-- ===== src/Agent/Chat/Shown.antt =====
-- crates/voice_server/src/agent/llmagent.rs: the events that a chat shows are those of one of the two
-- clients, from its first text on.
use voice_ai.Base.{
  ℕ, suc, ◌≡◌, refl, ap, ◌∙◌, subst, inl, inr, Bool, true, false, ◌&&◌, Option, none, some, List,
  [], ◌∷◌, ◌++◌, map, is_empty, Str, is_refl, append-nil, if◌then◌else◌,
}
use voice_ai.Agent.Memory.{Message, user, as_str}
use voice_ai.Agent.Router.{route}
use voice_ai.Client.{Result, ok, err, LlmEvent, ModelTier, fast, strong, ChatMessage}
use voice_ai.Agent.Chat.{
  Act, routed, asks, escalated, appends, yields, fails, Draft, over, breaks, stops, Left, hear,
  conclude, read_answer, no_draft, is_fast, Turn, Round, Rounds, after_attempt, round, rounds,
  go_on, prepend, chat, messages_of, client_for, settle, preceded, last_user, tier_by, tier_of,
  as_chat_message,
}
use voice_ai.Agent.Chat.Protocol.{
  event, opened, at_once, Settled, ends, goes_on, attempt-Settled, tier-cases,
}
use voice_ai.Agent.Chat.Outcome.{yielded}

-- The events of an answer up to its final event or its first error.
abbrev pub until_end : List (Result LlmEvent) → List LlmEvent
until_end [] = []
until_end (err e ∷ es) = []
until_end (ok e ∷ es) = e ∷ (if e.is_final then [] else until_end es)

-- Those of them from the first one with a text on.
abbrev pub from_text : List (Result LlmEvent) → List LlmEvent
from_text [] = []
from_text (err e ∷ es) = []
from_text (ok e ∷ es) =
    if is_empty e.delta then (if e.is_final then [] else from_text es) else until_end (ok e ∷ es)

abbrev pub heard : Result (List (Result LlmEvent)) → List LlmEvent
heard (ok es) = from_text es
heard (err e) = []

-- What a chat is to show: the answer of the model of the input's tier, and that of the strong model
-- in place of an answer of the fast one that has no text.
abbrev pub to_show : {World : Type 0} → Turn World → List ChatMessage → World → List LlmEvent
to_show t messages w =
    let tier = route t.user_input in
    let (w', first) = client_for t tier t.session_id messages t.emotion_hint w in
    if is_fast tier && is_empty (heard first)
    then heard ((t.strong_llm t.session_id messages t.emotion_hint w').1)
    else heard first

yielded-append : (xs ys : List Act) → yielded (xs ++ ys) ≡ yielded xs ++ yielded ys
yielded-append [] ys = refl
yielded-append (yields e ∷ xs) ys = ap (λ l. e ∷ l) (yielded-append xs ys)
yielded-append (routed x ∷ xs) ys = yielded-append xs ys
yielded-append (asks x y ∷ xs) ys = yielded-append xs ys
yielded-append (escalated x ∷ xs) ys = yielded-append xs ys
yielded-append (appends x ∷ xs) ys = yielded-append xs ys
yielded-append (fails x ∷ xs) ys = yielded-append xs ys

visible_event :
    (u : Str) (tier : ModelTier) (b : Str) (r : Bool) (d : Str) (f : Bool)
    (es : List (Result LlmEvent))
    → ((v : Draft) → yielded (read_answer u tier v true es).acts ≡ until_end es)
    → yielded
        (read_answer u tier
          (record { assistant_buf = b; recorded_user = r })
          true
          (ok (event d f) ∷ es)).acts
      ≡ until_end (ok (event d f) ∷ es)
unfolding read_answer hear conclude
visible_event u tier b r [] true es rest = refl
visible_event u tier b r [] false es rest = ap (λ l. event [] false ∷ l) (rest _)
visible_event u tier b true (c ∷ cs) true es rest = refl
visible_event u tier b false (c ∷ cs) true es rest = refl
visible_event u tier b true (c ∷ cs) false es rest = ap (λ l. event (c ∷ cs) false ∷ l) (rest _)
visible_event u tier b false (c ∷ cs) false es rest = ap (λ l. event (c ∷ cs) false ∷ l) (rest _)

visible_yields :
    (u : Str) (tier : ModelTier) (es : List (Result LlmEvent)) (v : Draft)
    → yielded (read_answer u tier v true es).acts ≡ until_end es
visible_yields u tier [] v = unfold read_answer in refl
visible_yields u fast (err e ∷ es) v = unfold read_answer in refl
visible_yields u strong (err e ∷ es) v = unfold read_answer in refl
visible_yields u tier (ok e ∷ es) v =
    visible_event u tier v.assistant_buf v.recorded_user e.delta e.is_final es
      (visible_yields u tier es)

quiet_event :
    (u : Str) (tier : ModelTier) (d : Str) (f : Bool) (es : List (Result LlmEvent))
    → yielded (read_answer u tier no_draft false es).acts ≡ from_text es
    → yielded (read_answer u tier no_draft false (ok (event d f) ∷ es)).acts
      ≡ from_text (ok (event d f) ∷ es)
unfolding read_answer hear conclude
quiet_event u fast [] true es rest = refl
quiet_event u strong [] true es rest = refl
quiet_event u tier [] false es rest = rest
quiet_event u tier (c ∷ cs) true es rest = refl
quiet_event u tier (c ∷ cs) false es rest =
    ap (λ l. event (c ∷ cs) false ∷ l) (visible_yields u tier es _)

quiet_yields :
    (u : Str) (tier : ModelTier) (es : List (Result LlmEvent))
    → yielded (read_answer u tier no_draft false es).acts ≡ from_text es
quiet_yields u tier [] = unfold read_answer in refl
quiet_yields u fast (err e ∷ es) = unfold read_answer in refl
quiet_yields u strong (err e ∷ es) = unfold read_answer in refl
quiet_yields u tier (ok e ∷ es) = quiet_event u tier e.delta e.is_final es (quiet_yields u tier es)

module _ {World : Type 0} (w : World) where
  settle_silent :
      (tier : ModelTier) (v : Draft) (visible : Bool) (left : Left)
      → yielded (settle tier w v visible left).acts ≡ []
  settle_silent fast v visible stops = refl
  settle_silent strong v visible stops = refl
  settle_silent fast v visible (breaks reason) = refl
  settle_silent strong v visible (breaks reason) = refl
  settle_silent fast v true over = refl
  settle_silent strong v true over = refl
  settle_silent fast v false over = refl
  settle_silent strong v false over = refl

  attempt_yields :
      (u : Str) (tier : ModelTier) (attempt : Result (List (Result LlmEvent)))
      → yielded (after_attempt u tier no_draft w attempt).acts ≡ heard attempt
  unfolding after_attempt
  attempt_yields u fast (err e) = refl
  attempt_yields u strong (err e) = refl
  attempt_yields u tier (ok es) =
      let p = read_answer u tier no_draft false es in
      yielded-append p.acts (settle tier w p.draft p.visible p.left).acts
      ∙ ap (λ l. yielded p.acts ++ l) (settle_silent tier p.draft p.visible p.left)
      ∙ append-nil (yielded p.acts)
      ∙ quiet_yields u tier es

abbrev pub seen_by : {World : Type 0} → Option (List Act × World) → Option (List LlmEvent)
seen_by none = none
seen_by (some (acts, w)) = some (yielded acts)

seen-prepend :
    {World : Type 0} (pre : List Act) (o : Option (List Act × World))
    → yielded pre ≡ []
    → seen_by (prepend pre o) ≡ seen_by o
seen-prepend pre none h = refl
seen-prepend pre (some (acts, w)) h =
    ap some (yielded-append pre acts ∙ ap (λ l. l ++ yielded acts) h)

heard_first :
    {e : LlmEvent} {rest es : List LlmEvent} (fs : List LlmEvent)
    → e ∷ rest ≡ es
    → e ∷ rest ≡ (if is_empty es then fs else es)
heard_first {e} {rest} fs h = subst (λ es. e ∷ rest ≡ (if is_empty es then fs else es)) h refl

heard_second :
    {es : List LlmEvent} (fs : List LlmEvent) → [] ≡ es → fs ≡ (if is_empty es then fs else es)
heard_second fs h = subst (λ es. fs ≡ (if is_empty es then fs else es)) h refl

module _ {World : Type 0} (u : Str) (messages : List ChatMessage) (next : Rounds World)
    (w : World) where
  strong_seen :
      (r : Round World) {es : List LlmEvent}
      → Settled World u w strong r
      → yielded r.acts ≡ es
      → seen_by (go_on next (preceded (asks strong messages ∷ []) r)) ≡ some es
  unfolding go_on
  strong_seen _ (ends a) e = ap some e

  fast_seen :
      (r : Round World) {es fs : List LlmEvent}
      → Settled World u w fast r
      → yielded r.acts ≡ es
      → seen_by (next strong no_draft w) ≡ some fs
      → seen_by (go_on next (preceded (asks fast messages ∷ []) r))
        ≡ some (if is_empty es then fs else es)
  unfolding go_on
  fast_seen _ (ends (opened seen more t)) e last = ap some (heard_first _ e)
  fast_seen _ (ends (at_once seen more)) e last = ap some (heard_first _ e)
  fast_seen _ (goes_on reason) e last =
      seen-prepend (asks fast messages ∷ escalated reason ∷ []) (next strong no_draft w) refl
      ∙ last
      ∙ ap some (heard_second _ e)

module _ {World : Type 0} (t : Turn World) (messages : List ChatMessage) (n : ℕ) where
  seen_strong :
      (w : World)
      → seen_by (rounds t messages (suc n) strong no_draft w)
        ≡ some (heard ((t.strong_llm t.session_id messages t.emotion_hint w).1))
  unfolding rounds round
  seen_strong w =
      let (w', attempt) = t.strong_llm t.session_id messages t.emotion_hint w in
      strong_seen t.user_input messages (rounds t messages n) w'
        (after_attempt t.user_input strong no_draft w' attempt)
        (attempt-Settled t.user_input w' strong attempt)
        (attempt_yields w' t.user_input strong attempt)

  seen_fast :
      (w : World)
      → (let (w', first) = t.fast_llm t.session_id messages t.emotion_hint w in
          seen_by (rounds t messages (suc (suc n)) fast no_draft w)
          ≡ some (
              if is_empty (heard first)
              then heard ((t.strong_llm t.session_id messages t.emotion_hint w').1)
              else heard first))
  unfolding rounds round
  seen_fast w =
      let (w', attempt) = t.fast_llm t.session_id messages t.emotion_hint w in
      fast_seen t.user_input messages (rounds t messages (suc n)) w'
        (after_attempt t.user_input fast no_draft w' attempt)
        (attempt-Settled t.user_input w' fast attempt) (attempt_yields w' t.user_input fast attempt)
        (seen_strong w')

-- What the caller of a chat sees is what the model of the input's tier answered, from its first event
-- with a text to its final event or first error, unaltered and in order; or, where a fast model gave
-- no text before its end, its final event or its first error, the same part of what the strong model
-- answered.
pub seen-chat :
    {World : Type 0} (n : ℕ) (t : Turn World) (history : List Message) (w : World)
    → seen_by (chat (suc (suc n)) t history w)
      ≡ some (to_show t (messages_of history t.user_input) w)
unfolding chat
seen-chat n t history w =
    let messages = messages_of history t.user_input in
    elim (tier-cases (route t.user_input)) [
      | inl e ↦ rw e (seen-prepend (routed fast ∷ []) _ refl ∙ seen_fast t messages n w)
      | inr e ↦ rw e (seen-prepend (routed strong ∷ []) _ refl ∙ seen_strong t messages (suc n) w)
    ]

last_user-append :
    (ms : List ChatMessage) (content : Str)
    → last_user (ms ++ (record { role = as_str user; content = content } ∷ [])) ≡ some content
unfolding last_user
last_user-append [] content = rw (is_refl (as_str user)) refl
last_user-append (m ∷ ms) content = rw (last_user-append ms content) refl

-- The forwarding of messages that end with an input of the user, as those of a chat do, chooses the
-- model that a chat with that input asks first.
pub tier_of-messages_of :
    (history : List Message) (input : Str) → tier_of (messages_of history input) ≡ route input
unfolding tier_of tier_by messages_of
tier_of-messages_of history input =
    ap tier_by (last_user-append (map as_chat_message history) input)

##########

Exercise details: Each line above that contains the string "history" should be copied.

Task solution:
    {World : Type 0} (n : ℕ) (t : Turn World) (history : List Message) (w : World)
    → seen_by (chat (suc (suc n)) t history w)
      ≡ some (to_show t (messages_of history t.user_input) w)
seen-chat n t history w =
    let messages = messages_of history t.user_input in
    (history : List Message) (input : Str) → tier_of (messages_of history input) ≡ route input
tier_of-messages_of history input =
    ap tier_by (last_user-append (map as_chat_message history) input)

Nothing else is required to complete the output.